| Task statement |
Among the entries below, find each line holding "History" and return it.

| Material for this exercise |
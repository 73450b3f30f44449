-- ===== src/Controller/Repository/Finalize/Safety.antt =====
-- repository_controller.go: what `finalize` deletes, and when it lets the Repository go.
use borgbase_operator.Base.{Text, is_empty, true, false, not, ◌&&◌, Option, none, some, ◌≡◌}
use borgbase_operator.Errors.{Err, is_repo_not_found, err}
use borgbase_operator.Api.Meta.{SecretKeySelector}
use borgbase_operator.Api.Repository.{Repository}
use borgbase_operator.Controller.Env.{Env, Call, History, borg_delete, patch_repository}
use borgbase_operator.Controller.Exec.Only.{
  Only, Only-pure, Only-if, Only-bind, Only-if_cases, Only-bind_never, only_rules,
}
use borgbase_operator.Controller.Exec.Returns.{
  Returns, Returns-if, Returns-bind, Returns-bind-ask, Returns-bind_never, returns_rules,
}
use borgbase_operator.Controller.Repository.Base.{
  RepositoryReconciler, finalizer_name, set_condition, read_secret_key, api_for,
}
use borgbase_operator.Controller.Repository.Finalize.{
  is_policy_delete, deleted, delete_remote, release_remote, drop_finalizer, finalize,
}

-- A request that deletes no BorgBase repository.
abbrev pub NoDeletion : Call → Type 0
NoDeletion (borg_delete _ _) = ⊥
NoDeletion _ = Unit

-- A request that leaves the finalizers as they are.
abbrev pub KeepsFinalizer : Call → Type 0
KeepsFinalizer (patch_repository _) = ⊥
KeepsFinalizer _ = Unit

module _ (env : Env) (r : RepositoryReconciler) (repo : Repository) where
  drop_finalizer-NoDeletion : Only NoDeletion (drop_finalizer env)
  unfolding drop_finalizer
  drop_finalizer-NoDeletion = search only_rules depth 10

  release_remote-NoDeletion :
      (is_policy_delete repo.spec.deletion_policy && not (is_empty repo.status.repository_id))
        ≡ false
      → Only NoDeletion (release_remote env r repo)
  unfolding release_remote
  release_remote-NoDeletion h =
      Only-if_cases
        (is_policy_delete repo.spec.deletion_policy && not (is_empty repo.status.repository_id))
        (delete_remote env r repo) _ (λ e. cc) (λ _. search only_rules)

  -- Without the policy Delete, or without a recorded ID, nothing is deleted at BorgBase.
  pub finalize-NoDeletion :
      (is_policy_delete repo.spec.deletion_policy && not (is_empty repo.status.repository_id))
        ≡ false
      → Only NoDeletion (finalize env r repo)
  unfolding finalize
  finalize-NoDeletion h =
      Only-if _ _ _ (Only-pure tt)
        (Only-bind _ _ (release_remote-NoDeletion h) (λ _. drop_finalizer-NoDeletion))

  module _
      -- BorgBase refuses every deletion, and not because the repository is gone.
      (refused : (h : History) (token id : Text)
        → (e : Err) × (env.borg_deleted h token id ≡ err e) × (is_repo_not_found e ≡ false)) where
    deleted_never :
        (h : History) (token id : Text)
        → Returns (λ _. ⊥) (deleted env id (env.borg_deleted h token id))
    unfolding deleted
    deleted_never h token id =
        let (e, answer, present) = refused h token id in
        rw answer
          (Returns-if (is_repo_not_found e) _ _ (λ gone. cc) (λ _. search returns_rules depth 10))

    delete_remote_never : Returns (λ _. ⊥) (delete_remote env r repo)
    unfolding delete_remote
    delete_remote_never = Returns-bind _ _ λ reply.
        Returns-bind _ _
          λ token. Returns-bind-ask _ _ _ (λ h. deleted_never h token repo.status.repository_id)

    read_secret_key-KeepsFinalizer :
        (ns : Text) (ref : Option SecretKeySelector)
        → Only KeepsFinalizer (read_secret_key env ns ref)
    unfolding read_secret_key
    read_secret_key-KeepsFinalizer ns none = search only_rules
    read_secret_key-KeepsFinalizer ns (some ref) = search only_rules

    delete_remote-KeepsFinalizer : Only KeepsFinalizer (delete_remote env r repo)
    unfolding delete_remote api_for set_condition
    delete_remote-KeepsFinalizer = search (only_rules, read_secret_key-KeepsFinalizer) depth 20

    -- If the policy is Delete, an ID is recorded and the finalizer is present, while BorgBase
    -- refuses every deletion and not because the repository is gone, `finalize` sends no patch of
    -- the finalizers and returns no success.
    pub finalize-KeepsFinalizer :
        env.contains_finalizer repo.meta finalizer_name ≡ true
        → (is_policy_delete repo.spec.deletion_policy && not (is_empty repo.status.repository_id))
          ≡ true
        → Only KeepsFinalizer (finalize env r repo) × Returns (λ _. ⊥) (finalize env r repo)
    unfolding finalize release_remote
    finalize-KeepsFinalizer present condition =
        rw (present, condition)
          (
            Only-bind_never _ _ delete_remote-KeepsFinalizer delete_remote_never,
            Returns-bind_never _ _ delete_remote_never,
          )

--

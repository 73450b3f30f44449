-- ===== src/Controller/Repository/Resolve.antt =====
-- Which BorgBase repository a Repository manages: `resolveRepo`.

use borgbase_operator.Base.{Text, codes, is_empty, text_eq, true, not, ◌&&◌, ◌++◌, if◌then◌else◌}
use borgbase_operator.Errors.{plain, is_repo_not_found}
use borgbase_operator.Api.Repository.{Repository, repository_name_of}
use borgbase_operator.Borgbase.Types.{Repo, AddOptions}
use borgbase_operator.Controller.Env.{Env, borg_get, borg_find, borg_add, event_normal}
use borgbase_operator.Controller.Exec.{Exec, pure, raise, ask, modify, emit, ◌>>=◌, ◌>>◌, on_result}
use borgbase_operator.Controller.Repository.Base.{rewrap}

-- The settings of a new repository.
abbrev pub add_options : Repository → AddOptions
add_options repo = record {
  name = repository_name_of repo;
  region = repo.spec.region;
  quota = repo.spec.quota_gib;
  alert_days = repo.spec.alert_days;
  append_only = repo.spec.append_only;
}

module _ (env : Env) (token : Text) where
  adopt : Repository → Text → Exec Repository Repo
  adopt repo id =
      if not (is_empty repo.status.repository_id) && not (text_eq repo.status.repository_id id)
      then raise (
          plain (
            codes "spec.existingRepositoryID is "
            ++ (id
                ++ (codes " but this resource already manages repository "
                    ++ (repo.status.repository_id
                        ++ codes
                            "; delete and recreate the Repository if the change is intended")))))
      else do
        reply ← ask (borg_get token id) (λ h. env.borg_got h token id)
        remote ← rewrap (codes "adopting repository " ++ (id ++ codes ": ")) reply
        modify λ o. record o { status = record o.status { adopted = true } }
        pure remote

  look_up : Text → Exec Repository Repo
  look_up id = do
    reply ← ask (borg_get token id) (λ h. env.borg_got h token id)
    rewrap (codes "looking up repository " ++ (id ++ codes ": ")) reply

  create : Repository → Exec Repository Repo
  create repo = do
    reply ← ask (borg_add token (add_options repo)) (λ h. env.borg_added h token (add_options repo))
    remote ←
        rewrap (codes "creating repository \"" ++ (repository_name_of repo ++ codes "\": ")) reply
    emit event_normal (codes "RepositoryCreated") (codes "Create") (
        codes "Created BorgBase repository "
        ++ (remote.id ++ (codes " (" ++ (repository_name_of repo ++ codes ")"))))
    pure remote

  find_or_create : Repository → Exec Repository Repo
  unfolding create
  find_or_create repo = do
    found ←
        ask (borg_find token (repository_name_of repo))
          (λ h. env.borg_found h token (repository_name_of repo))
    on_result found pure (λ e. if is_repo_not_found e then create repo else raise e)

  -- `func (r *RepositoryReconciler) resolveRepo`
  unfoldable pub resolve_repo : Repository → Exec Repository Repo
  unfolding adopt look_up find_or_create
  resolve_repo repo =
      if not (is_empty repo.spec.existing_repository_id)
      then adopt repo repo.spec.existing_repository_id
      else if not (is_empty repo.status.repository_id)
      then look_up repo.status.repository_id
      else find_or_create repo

| Exercise result |
use borgbase_operator.Controller.Env.{Env, Call, History, borg_delete, patch_repository}
      (refused : (h : History) (token id : Text)
        (h : History) (token id : Text)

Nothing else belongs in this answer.